His face grew serious and he bowed his head, putting his hands together before him as he composed himself.
“Noel, Noel,” he began gravely. “And it came to pass that on this most special night, many years ago, Bruce Willis was trapped in a tower, in a sweaty vest, shooting terrorists and throwing villains out of high windows on to the cars of fat policemen. Single-handedly, and without the aid of footwear, he saved Christmas and henceforth Ebenezer Scrooge was a changed man and made sure that the Cratchits were properly goosed in the morning. God bless us, every one.”

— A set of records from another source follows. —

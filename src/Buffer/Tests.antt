-- ===== src/Buffer/Tests.antt =====
-- Runs of the buffer, and its theorems at concrete inputs.
use c_libp2p.Base.{◌≡◌, refl, List, [], ◌∷◌, true, false, some}
use c_libp2p.Buffer.{Buffer, read, write, peek}
use c_libp2p.Buffer.Fifo.{Call, fetch, look, store, call_all}

abbrev three : Buffer
three = record { buffer_size = 3; buffer = some (7 ∷ 8 ∷ 9 ∷ []) }

abbrev calls : List Call
calls = look 1 ∷ fetch 2 ∷ store true (5 ∷ 6 ∷ []) ∷ store false (4 ∷ []) ∷ fetch 9 ∷ []

calls_answers : (call_all calls three).0 ≡ (7 ∷ []) ∷ (7 ∷ 8 ∷ []) ∷ [] ∷ [] ∷ (9 ∷ 5 ∷ 6 ∷ []) ∷ []
unfolding read write peek
calls_answers = refl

The Ismus broke into jeering laughter. He looked up and witchcam was directly above him. “That’s as believable as that other trite bilge they peddle at this time of year,” he declared. “But still, when in Rome… let us continue.”
He gave an elaborate wave of his hand to send the aerial camera on its way and it went whizzing down over the village once more.
“Imagine if you will,” his voice-over continued as the orchestra softly commenced playing ‘Oh, Little Town of Bethlehem’, “that our happy hamlet of Mooncot is a small area in the stony hills of Judea, two thousand years ago and about six miles outside Jerusalem, where two weary travellers are nearing the end of a long journey on a dusty road.”